Dropbox had moved away from AWS for storing data but was still heavily centralised and dependent on their San Jose data centre
Dropbox recently unplugged an entire data centre to test its disaster readiness. With a dependency on their San Jose data centre, Dropbox ran a multi-year project to eliminate this single point of failure in their metadata stack, culminating in a deliberate and successful switch-off of the San Jose data centre.
Dropbox had moved away from AWS for storing data but was still heavily centralised and dependent on their San Jose data centre. The recovery time from an outage at San Jose was considered to be far more than what was desired – hence initiating a project to improve this in case of a significant disaster – such as an earthquake at the nearby San Andreas Fault. The improvement was measured as a Recovery Time Objective (RTO) – a standard measure from Disaster Recovery Planning (DRP) for the maximum time a system can be tolerably down after a failure or disaster occurs.
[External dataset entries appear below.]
-- ===== src/Workflow/Tests/Hosts.antt =====
-- Outsides and workflows for the runs of pkg/workflow.
use proxclt.Base.{
  Str, String, lit, str_eq, Bool, true, false, if◌then◌else◌, Option, none, some, List, [], ◌∷◌,
  Error, errorf, ok, is_empty, ◌≡◌, refl, arith,
}
use proxclt.World.{get, post, put, delete, Method, Body}
use proxclt.Config.Validate.{value_at}
use proxclt.Proxmox.Client.{
  answer, data_of, as_upid, poll, call, as_task, task_fields, finished, exit_of,
}
use proxclt.Proxmox.Client.Wait.{polled, StillRunning}
use proxclt.Proxmox.Accepted.{Accepts, is_get, requested}
use proxclt.Config.Model.{Node, IsoConfig, Value, null, string, mapping, end, field, Env}
use proxclt.Config.Tests.Rules.{env_of, hypervisor_of, node, disk, nic, cluster, inline_of}
use proxclt.World.{
  Event, request, rendered, built, removed, probed, slept, printed, Reply, replied, Envelope, Host,
}
use proxclt.Workflow.Options.{SingleVm, Target}

abbrev pub envelope : Value → Option Envelope
envelope v = some (record { content = v; errors = []; message = [] })

abbrev host_of : (List Event → Reply) → (Str → Option Envelope) → (List Event → Option Error) → Host
host_of reply decode probe = record {
  reply = reply;
  decode = decode;
  render = λ env n. ok (lit "ks");
  build = λ ks n. ok (lit "/tmp/a.iso");
  open_file = λ path. none;
  probe = probe;
  patience = 2;
  attempts = 3;
  canceled = errorf "context canceled" [];
}

-- Accepts every request at once.
abbrev pub accepting : Host
accepting = host_of (λ hist. replied 200 []) (λ body. envelope null) (λ hist. none)

abbrev pub task : String → String → Value
task status exit =
    mapping (
      field (lit "status") (string (lit status)) (field (lit "exitstatus") (string (lit exit)) end))

abbrev by_method : Bool → Str
by_method true = lit "d"
by_method false = lit "u"

abbrev answer_to : Event → Str
answer_to (request r) = by_method (is_get r.method)
answer_to e = lit "u"

-- Accepts every request with a task, whose id has a mark that a path escapes, and that ends at once.
abbrev pub serving : Host
serving =
    host_of (λ hist. replied 200 (elim hist [ [] ↦ [] | e ∷ older ↦ answer_to e ]))
      (λ body.
        envelope
          (if str_eq body (lit "d") then task "stopped" "OK" else string (lit "UPID:pve:a@pve!t:")))
      (λ hist. none)

pub serving-Accepts : Accepts serving
unfolding answer data_of as_upid lit str_eq poll call as_task task_fields value_at finished exit_of
    is_empty StillRunning polled
serving-Accepts = record {
  task = λ m path b. lit "UPID:pve:a@pve!t:";
  polls = λ node upid hist. 0;
  accepted = taken;
  in_time = λ node upid hist. omega arith;
  running = λ node upid hist. tt;
  over = λ node upid hist.
      (record { status = lit "stopped"; exit_status = lit "OK" }, refl, refl, refl);
}
  where
    taken :
        (m : Method) (path : Str) (b : Body) (hist : List Event)
        → is_get m ≡ false
        → (v : Value) × (answer serving (serving.reply (requested m path b ∷ hist)) ≡ ok v)
          × (as_upid v ≡ ok (lit "UPID:pve:a@pve!t:"))
    taken get path b hist g = cc g
    taken post path b hist g = (_, refl, refl)
    taken put path b hist g = (_, refl, refl)
    taken delete path b hist g = (_, refl, refl)

-- Knows no virtual machine.
abbrev pub empty_node : Host
empty_node = host_of (λ hist. replied 404 []) (λ body. none) (λ hist. none)

-- Whether something was waited for.
unfoldable pub waited : List Event → Bool
waited [] = false
waited (slept ∷ hist) = true
waited (request r ∷ hist) = waited hist
waited (rendered n ∷ hist) = waited hist
waited (built ks n ∷ hist) = waited hist
waited (removed p ∷ hist) = waited hist
waited (probed ip port ∷ hist) = waited hist
waited (printed s args ∷ hist) = waited hist

-- Has a task that runs until it is polled again, and a port that opens then.
abbrev pub busy : Host
busy =
    host_of (λ hist. replied 200 (if waited hist then lit "d" else lit "r"))
      (λ body. envelope (if str_eq body (lit "d") then task "stopped" "OK" else task "running" ""))
      (λ hist. if waited hist then none else some (errorf "refused" []))

-- Has a task that never ends.
abbrev pub stuck : Host
stuck = host_of (λ hist. replied 200 []) (λ body. envelope (task "running" "")) (λ hist. none)

abbrev pub iso : IsoConfig
iso = record {
  storage = lit "local";
  image = lit "ol9.iso";
  guest_os_type = [];
  kickstart_storage = lit "local";
  bootloader_dir = [];
}

abbrev pub vm_node : Node
vm_node = record (node 100 (nic "public" "" ∷ []) (disk "" "nvme" "" ∷ [])) {
  ips = (lit "public", lit "10.0.0.5") ∷ [];
}

abbrev pub manifest : Env
manifest = record (env_of []) {
  spec = record (env_of []).spec {
    hypervisor = inline_of (record (hypervisor_of ((lit "a", vm_node) ∷ [])) { iso = some iso });
  };
}

abbrev pub workflow : Bool → SingleVm
workflow dry = record {
  config = some manifest;
  node_name = lit "a";
  has_client = true;
  has_renderer = true;
  has_builder = true;
  dry_run = dry;
  skip_kickstart_build = false;
  skip_finalize = false;
  skip_ssh_wait = false;
  ssh_port = 0;
}

abbrev pub target : Target
target = record {
  env = manifest;
  node = vm_node;
  ks = none;
  iso = some iso;
  cluster = some cluster;
}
The overall architecture of Dropbox’s systems involves a system to store files (block storage) and another system to store the metadata about those files. The architecture for block storage – named Magic Pocket – allows block data to be served from multiple data centres in an active/active configuration, and part of this new resilience work involved making the metadata service more resilient, and eventually also active/busy too. Making the metadata stack resilient proved to be a challenging goal to achieve. Some earlier design tradeoffs – such as using asynchronous replication of MySQL data between regions and using caches to scale databases – forced a rethink of the disaster readiness plan.
Dropbox implemented other changes to help reduce risk, with a customer-first strategy:
- Routine testing of key failover procedures – regular automated small-scale tests of failover tasks
- Improved operational procedures – a formalised go/no-go decision point, checks leading up to a failover “countdown”, and clearly defined roles for people during a failover
- Abort criteria and procedures – clearly defining when and how a failover would be aborted
The final steps in preparation for unplugging San Jose involved making a detailed Method of Procedure (MoP) to perform the failover, and this was tested on a lower-risk data centre first – that at Dallas Fort Worth. After disconnecting one of the DFW data centres, whilst performing validations that everything was still working, engineers realised that external availability was dropping, and the failover was aborted four minutes later. This test had revealed a previously hidden single point of failure in an S3 proxy service.
Thanks to the new tooling and procedures, there was no impact to global availability, and the anti-climactic event was declared a success. This provided a significantly reduced RTO and proved that Dropbox could run indefinitely from another region without San Jose.
The key takeaways from this multi-year project were that it takes training and practice to get stronger at Disaster Readiness. Dropbox now can conduct blackhole exercises regularly, ensuring that the DR capabilities will only continue to improve, with users never noticing when something goes wrong.